Author of "The Green Scarab" and "Bright Eyes of Adventure"

The stranger entered my office and dropped wearily into a chair, covering his face with his hands. "I'm dead, doctor," he groaned.

I agreed that it was quite a climb from the street to my office. "But soon—a month or so—I expect to move to the ground floor."

"That will be too late. It won't do me any good, then."

"No? What's your trouble?"

He stared straight at me as he answered. "Trouble? I have none. Dead people have no troubles, and I've been dead for half an hour. I committed suicide."

I looked at him, startled. He was rather pale, I noticed, and the brilliant red necktie which he was wearing gave the impression of a deep and bleeding wound. He seemed very nervous, his hands continually stroking the creased trousers of the light gray suit he was wearing.

"I committed suicide," he repeated. "I shot myself through my heart." He indicated the spot with a long, slender finger, on one knuckle of which I saw just such a stain as dried blood makes. I thought he meant for me to examine him, so I arose, and took a step toward him. He motioned me back. "Don't touch me," he commanded. "It's no use. You couldn't feel me. I wonder whether you can even see me plainly. I'm getting more ethereal all the time. I—what was I saying?"

"That I couldn't see you. But I can. plainly."

"Oh, my clothes, perhaps, my coat, my necktie—"

Yes, that red necktie was very much in evidence. I agreed, wondering whether he were insane.

He seemed to read my mind. "You think I'm crazy, don't you, doctor?
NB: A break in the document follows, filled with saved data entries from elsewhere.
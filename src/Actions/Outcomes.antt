-- ===== src/Actions/Outcomes.antt =====
-- When an update gives no error.
use activemq_artemis_operato.Base.{
  ℕ, String, ◌≡◌, refl, sym, ◌∙◌, true, Option, none, some, ◌↔◌, ◌⊎◌, inl, inr, Bool-cases,
}
use activemq_artemis_operato.Errors.{Error}
use activemq_artemis_operato.Actions.{
  OwnerReference, Object, create, set_owner_and_controller, wrapped, ClientError, status_error,
  other_error, Client, Done, is_invalid_update, is_conflict, delete, after_delete, after_update,
  update,
}

-- The client updated the object.
abbrev pub Updated : (W : Type 0) → Client W → W → Object → Type 0
Updated W client w o = (client.update w o).1 ≡ none

-- The API server refused the update as invalid, and the client deleted the object.
abbrev pub Replaced : (W : Type 0) → Client W → W → Object → Type 0
Replaced W client w o =
    (status : String) × (code : ℕ) × (reason : String) × (message : String) × ((client.update w o).1
      ≡ some (status_error status code reason message))
    × (is_invalid_update status code reason ≡ true)
    × ((client.delete (client.update w o).0 o).1 ≡ none)

refused : (e : Error) → ¬ (◌≡◌ {A = Option Error} (some e) none)
refused e h = cc

same_refusal :
    {s s' r r' m m' : String} {c c' : ℕ}
    → some (status_error s' c' r' m') ≡ some (status_error s c r m)
    → is_invalid_update s c r ≡ is_invalid_update s' c' r'
same_refusal h = cc

module _ {W : Type 0} (client : Client W) (o : Object) where
  wrapped-none :
      (action type : String) (r : W × Option ClientError)
      → (wrapped client action type r).1 ≡ none
      → r.1 ≡ none
  wrapped-none action type (w, none) h = refl
  wrapped-none action type (w, some e) h = cc

  none-wrapped :
      (action type : String) (r : W × Option ClientError)
      → r.1 ≡ none
      → (wrapped client action type r).1 ≡ none
  none-wrapped action type (w, none) h = refl
  none-wrapped action type (w, some e) h = cc

  -- A creation gives no error exactly when the client's gives none.
  pub create_iff :
      (owner : OwnerReference) (w : W)
      → ((create client owner w o).1 ≡ none)
        ↔ ((client.create w (set_owner_and_controller owner o)).1 ≡ none)
  unfolding create
  create_iff owner w =
      (wrapped-none "failed to create new " o.type _, none-wrapped "failed to create new " o.type _)

  after_delete-none : (r : Done W) → (after_delete client o r).1 ≡ none → r.1 ≡ none
  unfolding after_delete
  after_delete-none (w, none) h = refl
  after_delete-none (w, some e) h = cc

  none-after_delete : (r : Done W) → r.1 ≡ none → (after_delete client o r).1 ≡ none
  unfolding after_delete
  none-after_delete (w, none) h = refl
  none-after_delete (w, some e) h = cc

  ReplacedBy : W × Option ClientError → Type 0
  ReplacedBy r =
      (status : String) × (code : ℕ) × (reason : String) × (message : String) × (r.1
        ≡ some (status_error status code reason message))
      × (is_invalid_update status code reason ≡ true)
      × ((client.delete r.0 o).1 ≡ none)

  after_update-none :
      (r : W × Option ClientError)
      → (after_update client o r).1 ≡ none
      → (r.1 ≡ none) ⊎ ReplacedBy r
  unfolding after_update delete ReplacedBy
  after_update-none (w, none) h = inl refl
  after_update-none (w, some (other_error m)) h = cc
  after_update-none (w, some (status_error s c r m)) h =
      elim (Bool-cases (is_invalid_update s c r)) [
        | inl invalid ↦ inr (
          s,
          c,
          r,
          m,
          refl,
          invalid,
          wrapped-none "failed to delete " o.type _ (after_delete-none _ (rw invalid at h)),
        )
        | inr valid ↦ elim (Bool-cases (is_conflict s c r)) [
          | inl conflict ↦ absurd (refused _ (rw (valid, conflict) at h))
          | inr other ↦ absurd (refused _ (rw (valid, other) at h))
        ]
      ]

  none-after_update :
      (r : W × Option ClientError)
      → (r.1 ≡ none) ⊎ ReplacedBy r
      → (after_update client o r).1 ≡ none
  unfolding after_update delete ReplacedBy
  none-after_update (w, none) h = refl
  none-after_update (w, some e) (inl h) = cc
  none-after_update (w, some (other_error m)) (inr (s, c, r, m', same, invalid, gone)) = cc
  none-after_update (w, some (status_error s' c' r' m')) (inr (s, c, r, m, same, invalid, gone)) =
      let refused_so : is_invalid_update s' c' r' ≡ true = sym (same_refusal same) ∙ invalid in
      rw refused_so (none-after_delete _ (none-wrapped "failed to delete " o.type _ gone))

-- An update gives no error exactly when the client's gives none, or is refused as invalid and the
-- object is deleted without one.
pub update_iff :
    (W : Type 0) (client : Client W) (w : W) (o : Object)
    → ((update client w o).1 ≡ none) ↔ (Updated W client w o ⊎ Replaced W client w o)
unfolding update ReplacedBy
update_iff W client w o =
    (after_update-none client o (client.update w o), none-after_update client o (client.update w o))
But I'm not. My nerves are frazzled, and I thought I would go insane when Polly turned me down; but I didn't. I know I didn't. I've had my knee tapped and have had all sorts of tests. Finally, I couldn't stand the agony and made an end of myself this afternoon." He looked up at the clock. "Just twenty-eight minutes ago my soul left my body."

I studied him carefully. His eyes had none of that stare peculiar to the insane. I was near enough to be sure that he was not intoxicated; yet I could not determine just what ailed him. Perhaps, if he talked longer, he would help me to diagnose his condition. "Tell me about it," I urged.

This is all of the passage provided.